October 6, 2022
Most of the colleges whose debt S&P Global Ratings evaluates say they haven’t had a serious data breach, but institutions should still invest in steps to mitigate risks in the face of increasing and evolving cyberattacks, it said in a recent report.
Only 13% of institutions with cyber insurance in S&P’s portfolio reported a data breach because of a cyberattack.
Cyber insurance policies are getting more expensive for the higher ed sector. Policy renewals are typically increasing prices by between 40% and 60%, with some premium increases hitting the triple digits, S&P said.

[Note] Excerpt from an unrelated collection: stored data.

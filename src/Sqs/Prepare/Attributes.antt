-- ===== src/Sqs/Prepare/Attributes.antt =====
-- What an attribute of a message may be, and how large a message is, said without the tests of
-- validSQSAttributes and sqsMessageSize (internal/outboxer/sqs/options.go).
use outboxer.Prelude.{
  ℕ, ◌+◌, ◌≤◌, String, Bool, true, false, List, [], ◌∷◌, ◌++◌, map, ◌≡◌, ◌≢◌, ◌⊎◌, refl, ◌∙◌, ap,
  All, length, length-append, total, arith, string_eq, codes, if◌then◌else◌, to_lower, IsFront,
  IsEnd, IsWithin,
}
use outboxer.Value.{to_bytes}
use outboxer.Sqs.{MessageAttribute}
use outboxer.Sqs.Poison.{attribute_size, sqs_message_size, text_size}
use outboxer.Sqs.Prepare.Texts.{IsText}

-- A letter, a digit, or one of `_`, `-` and `.`
abbrev pub IsNameChar : ℕ → Type 0
IsNameChar c =
    ((b'A' ≤ c) × (c ≤ b'Z'))
    ⊎ ((b'a' ≤ c) × (c ≤ b'z'))
    ⊎ ((b'0' ≤ c) × (c ≤ b'9'))
    ⊎ (c ≡ b'_')
    ⊎ (c ≡ b'.')
    ⊎ (c ≡ b'-')

-- A name of at most 256 such characters that is not reserved for AWS, in whatever case, and in
-- which dots are neither at an end nor next to each other.
pub record IsName (name : List ℕ) : Type 0 where
  pub some_name : 1 ≤ length name
  pub short : length name ≤ 256
  pub characters : All IsNameChar name
  pub not_aws : IsFront (codes "aws.") (map to_lower name) → ⊥
  pub not_amazon : IsFront (codes "amazon.") (map to_lower name) → ⊥
  pub first_dot : IsFront (codes ".") name → ⊥
  pub last_dot : IsEnd (codes ".") name → ⊥
  pub dots : IsWithin (codes "..") name → ⊥

-- A type of SQS, or one with a label after a dot.
abbrev pub IsTyped : String → String → Type 0
IsTyped base type =
    (codes type ≡ codes base) ⊎ ((label : List ℕ) × (codes type ≡ codes base ++ (b'.' ∷ label)))

-- The value is the one that the type asks for, and not empty.
abbrev pub IsValued : MessageAttribute → Type 0
IsValued a =
    (IsTyped "Binary" a.data_type
      × (a.has_binary_value ≡ true)
      × (a.has_string_value ≡ false)
      × (a.binary_value ≢ []))
    ⊎ ((IsTyped "String" a.data_type ⊎ IsTyped "Number" a.data_type)
        × (a.has_string_value ≡ true)
        × (a.has_binary_value ≡ false)
        × (a.string_value ≢ "")
        × IsText (to_bytes a.string_value))

pub record IsAttribute (a : String × MessageAttribute) : Type 0 where
  pub name_ok : IsName (codes a.0)
  pub valued : IsValued a.1
  pub no_strings : a.1.has_string_list ≡ false
  pub no_binaries : a.1.has_binary_list ≡ false

-- The bytes of a message that count: the body, and of each attribute the name, the type and the
-- values.
abbrev pub string_bytes : MessageAttribute → List ℕ
string_bytes a = if a.has_string_value then to_bytes a.string_value else []

abbrev pub binary_bytes : MessageAttribute → List ℕ
binary_bytes a = if a.has_binary_value then a.binary_value else []

abbrev pub joined : List (List ℕ) → List ℕ
joined [] = []
joined (part ∷ parts) = part ++ joined parts

abbrev pub attribute_bytes : String × MessageAttribute → List ℕ
attribute_bytes (name, a) =
    to_bytes name
    ++ (to_bytes a.data_type
        ++ (string_bytes a
            ++ (binary_bytes a
                ++ (joined (map to_bytes a.string_list_values) ++ joined a.binary_list_values))))

abbrev pub message_bytes : List ℕ → List (String × MessageAttribute) → List ℕ
message_bytes body attributes = body ++ joined (map attribute_bytes attributes)

length-joined_texts : (ss : List String) → length (joined (map to_bytes ss)) ≡ total text_size ss
length-joined_texts [] = refl
length-joined_texts (s ∷ ss) =
    length-append (to_bytes s) (joined (map to_bytes ss))
    ∙ ap (λ n. length (to_bytes s) + n) (length-joined_texts ss)

length-joined : (bs : List (List ℕ)) → length (joined bs) ≡ total length bs
length-joined [] = refl
length-joined (b ∷ bs) = length-append b (joined bs) ∙ ap (λ n. length b + n) (length-joined bs)

length_if : (b : Bool) (xs : List ℕ) → length (if b then xs else []) ≡ (if b then length xs else 0)
length_if true xs = refl
length_if false xs = refl

length-attribute_bytes :
    (a : String × MessageAttribute) → length (attribute_bytes a) ≡ attribute_size a
length-attribute_bytes (name, a) =
    let texts = joined (map to_bytes a.string_list_values) in
    let lists = texts ++ joined a.binary_list_values in
    let from_binary = binary_bytes a ++ lists in
    let from_text = string_bytes a ++ from_binary in
    let from_type = to_bytes a.data_type ++ from_text in
    let e1 = length-append (to_bytes name) from_type in
    let e2 = length-append (to_bytes a.data_type) from_text in
    let e3 = length-append (string_bytes a) from_binary in
    let e4 = length-append (binary_bytes a) lists in
    let e5 = length-append texts (joined a.binary_list_values) in
    let e6 = length-joined_texts a.string_list_values in
    let e7 = length-joined a.binary_list_values in
    let e8 = length_if a.has_string_value (to_bytes a.string_value) in
    let e9 = length_if a.has_binary_value a.binary_value in omega arith

length-attributes :
    (attributes : List (String × MessageAttribute))
    → length (joined (map attribute_bytes attributes)) ≡ total attribute_size attributes
length-attributes [] = refl
length-attributes (a ∷ rest) =
    length-append (attribute_bytes a) (joined (map attribute_bytes rest))
    ∙ (ap (λ n. n + length (joined (map attribute_bytes rest))) (length-attribute_bytes a)
        ∙ ap (λ n. attribute_size a + n) (length-attributes rest))

pub length-message_bytes :
    (body : List ℕ) (attributes : List (String × MessageAttribute))
    → length (message_bytes body attributes) ≡ sqs_message_size body attributes
unfolding sqs_message_size
length-message_bytes body attributes =
    length-append body (joined (map attribute_bytes attributes))
    ∙ ap (λ n. length body + n) (length-attributes attributes)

Warnings about cyberattacks targeting colleges come from all sides. Corporate experts suggest ways to stave off breaches. Companies publish research about the sector’s lack of readiness. The FBI has flagged university login credentials being for sale online.

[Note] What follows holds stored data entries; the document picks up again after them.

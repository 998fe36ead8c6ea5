-- ===== src/Sqs/Prepare/AttributeTests.antt =====
-- The tests of validSQSAttributes (internal/outboxer/sqs/options.go) accept only attributes as
-- Attributes describes them.
use outboxer.Prelude.{
  ℕ, String, Bool, true, false, not, ◌&&◌, ◌||◌, List, [], ◌∷◌, ◌++◌, map, ◌≡◌, ◌≢◌, ◌⊎◌, inl, inr,
  ◌↔◌, refl, All, length, nat_beq, is_empty, arith, string_eq, codes, every, if◌then◌else◌,
  is_alphanumeric, to_lower, has_prefix, has_suffix, has_part, has_prefix_iff, has_suffix_iff,
  has_part_iff, before_iff,
}
use outboxer.Value.{to_bytes}
use outboxer.Sqs.{MessageAttribute}
use outboxer.Sqs.Poison.{
  is_attribute_name, valid_sqs_attribute_data_type, valid_attribute, sqs_allowed_unicode_bytes,
}
use outboxer.Sqs.Prepare.Texts.{sqs_allowed_unicode_bytes-IsText}
use outboxer.Sqs.Prepare.Attributes.{IsNameChar, IsName, IsTyped, IsValued, IsAttribute}

every-IsNameChar :
    (cs : List ℕ)
    → every (λ c. is_alphanumeric c || nat_beq c b'_' || nat_beq c b'.' || nat_beq c b'-') cs ≡ true
    → All IsNameChar cs
every-IsNameChar [] h = tt
every-IsNameChar (c ∷ cs) h = (ground arith, every-IsNameChar cs (ground arith))

-- A part that a test denies is not there.
denied : {A : Type 0} (b : Bool) → ((b ≡ true) ↔ A) → b ≡ false → A → ⊥
denied b h e a = cc (h.1 a, e)

is_attribute_name-IsName :
    (key : String)
    → is_attribute_name key ≡ true
    → (has_prefix (codes "aws.") (map to_lower (codes key))
        || has_prefix (codes "amazon.") (map to_lower (codes key)))
      ≡ false
    → (has_prefix (codes ".") (codes key)
        || has_suffix (codes ".") (codes key)
        || has_part (codes "..") (codes key))
      ≡ false
    → IsName (codes key)
is_attribute_name-IsName key h reserved dotted = record {
  some_name = ground arith;
  short = ground arith;
  characters = every-IsNameChar (codes key) (ground arith);
  not_aws = denied _ (has_prefix_iff (codes "aws.") (map to_lower (codes key))) (ground arith);
  not_amazon =
      denied _ (has_prefix_iff (codes "amazon.") (map to_lower (codes key))) (ground arith);
  first_dot = denied _ (has_prefix_iff (codes ".") (codes key)) (ground arith);
  last_dot = denied _ (has_suffix_iff (codes ".") (codes key)) (ground arith);
  dots = denied _ (has_part_iff (codes "..") (codes key)) (ground arith);
}

-- One of three tests that holds.
one_of :
    {A B C : Type 0} (a b c : Bool)
    → ((a ≡ true) ↔ A)
    → ((b ≡ true) ↔ B)
    → ((c ≡ true) ↔ C)
    → (a || b || c) ≡ true
    → A ⊎ B ⊎ C
one_of true b c x y z h = inl (x.0 refl)
one_of false true c x y z h = inr (inl (y.0 refl))
one_of false false c x y z h = inr (inr (z.0 h))

valid_sqs_attribute_data_type-IsTyped :
    (type : String)
    → valid_sqs_attribute_data_type type ≡ true
    → IsTyped "String" type ⊎ IsTyped "Number" type ⊎ IsTyped "Binary" type
unfolding valid_sqs_attribute_data_type
valid_sqs_attribute_data_type-IsTyped type h =
    one_of _ _ _ (before_iff b'.' (codes "String") (codes type) refl)
      (before_iff b'.' (codes "Number") (codes type) refl)
      (before_iff b'.' (codes "Binary") (codes type) refl) h

pub binary_prefix :
    (type : String) → IsTyped "Binary" type → has_prefix (codes "Binary") (codes type) ≡ true
binary_prefix type (inl e) = rw e refl
binary_prefix type (inr (label, e)) = rw e refl

pub text_prefix :
    (base type : String)
    → has_prefix (codes "Binary") (codes base) ≡ false
    → has_prefix (codes "Binary") (codes base ++ (b'.' ∷ [])) ≡ false
    → ((label : List ℕ) → has_prefix (codes "Binary") (codes base ++ (b'.' ∷ label)) ≡ false)
    → IsTyped base type
    → has_prefix (codes "Binary") (codes type) ≡ false
text_prefix base type k l m (inl e) = rw e k
text_prefix base type k l m (inr (label, e)) = rw e (m label)

no_bytes : (bytes : List ℕ) → nat_beq (length bytes) 0 ≡ false → bytes ≢ []
no_bytes [] h e = cc h
no_bytes (b ∷ bytes) h e = cc e

no_string : (s : String) → is_empty s ≡ false → s ≢ ""
no_string s h e = cc (h, (string_eq.beq_iff s "").1 e)

has_prefix-IsValued :
    (a : MessageAttribute)
    → valid_sqs_attribute_data_type a.data_type ≡ true
    → (if has_prefix (codes "Binary") (codes a.data_type)
        then a.has_binary_value && not a.has_string_value
        else a.has_string_value
          && not a.has_binary_value
          && not (is_empty a.string_value)
          && sqs_allowed_unicode_bytes (to_bytes a.string_value))
      ≡ true
    → (a.has_binary_value && nat_beq (length a.binary_value) 0) ≡ false
    → IsValued a
has_prefix-IsValued a typed value some' =
    elim (valid_sqs_attribute_data_type-IsTyped a.data_type typed) [
      | inl s ↦ text (inl s) (text_prefix "String" a.data_type refl refl (λ label. refl) s)
      | inr (inl n) ↦ text (inr n) (text_prefix "Number" a.data_type refl refl (λ label. refl) n)
      | inr (inr b) ↦
          (let e = binary_prefix a.data_type b in
            inl (b, ground arith, ground arith, no_bytes a.binary_value (ground arith)))
    ]
  where
    text :
        IsTyped "String" a.data_type ⊎ IsTyped "Number" a.data_type
        → has_prefix (codes "Binary") (codes a.data_type) ≡ false
        → IsValued a
    text t e = inr (
      t,
      ground arith,
      ground arith,
      no_string a.string_value (ground arith),
      sqs_allowed_unicode_bytes-IsText (to_bytes a.string_value) (ground arith),
    )

all_tests :
    (some' name reserved dotted typed strings binaries value nothing : Bool)
    → (some'
        && name
        && not reserved
        && not dotted
        && typed
        && not (strings || binaries)
        && value
        && not nothing)
      ≡ true
    → (name ≡ true)
      × (reserved ≡ false)
      × (dotted ≡ false)
      × (typed ≡ true)
      × (strings ≡ false)
      × (binaries ≡ false)
      × (value ≡ true)
      × (nothing ≡ false)
all_tests some' name reserved dotted typed strings binaries value nothing h = ground arith

pub valid_attribute-IsAttribute :
    (a : String × MessageAttribute) → valid_attribute a ≡ true → IsAttribute a
unfolding valid_attribute
valid_attribute-IsAttribute (key, a) h =
    let (name, reserved, dotted, typed, strings, binaries, value, nothing) =
      all_tests _ _ _ _ _ a.has_string_list a.has_binary_list _ _ h in
    record {
      name_ok = is_attribute_name-IsName key name reserved dotted;
      valued = has_prefix-IsValued a typed value nothing;
      no_strings = strings;
      no_binaries = binaries;
    }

If that’s not enough to get leaders’ attention, additional reminders of the issue come in the form of a steady drip of colleges sharing news that they’ve been hacked.
S&P’s report, issued at the end of September, looks at the issue from the perspective of financial risk. The ratings agency looked at 447 colleges whose debt it evaluates, giving insight into financial and governance considerations that can insulate bondholders from risk — or expose them.
More than half of those institutions have cyber insurance. On average, their coverage limit is $7.8 million, S&P found.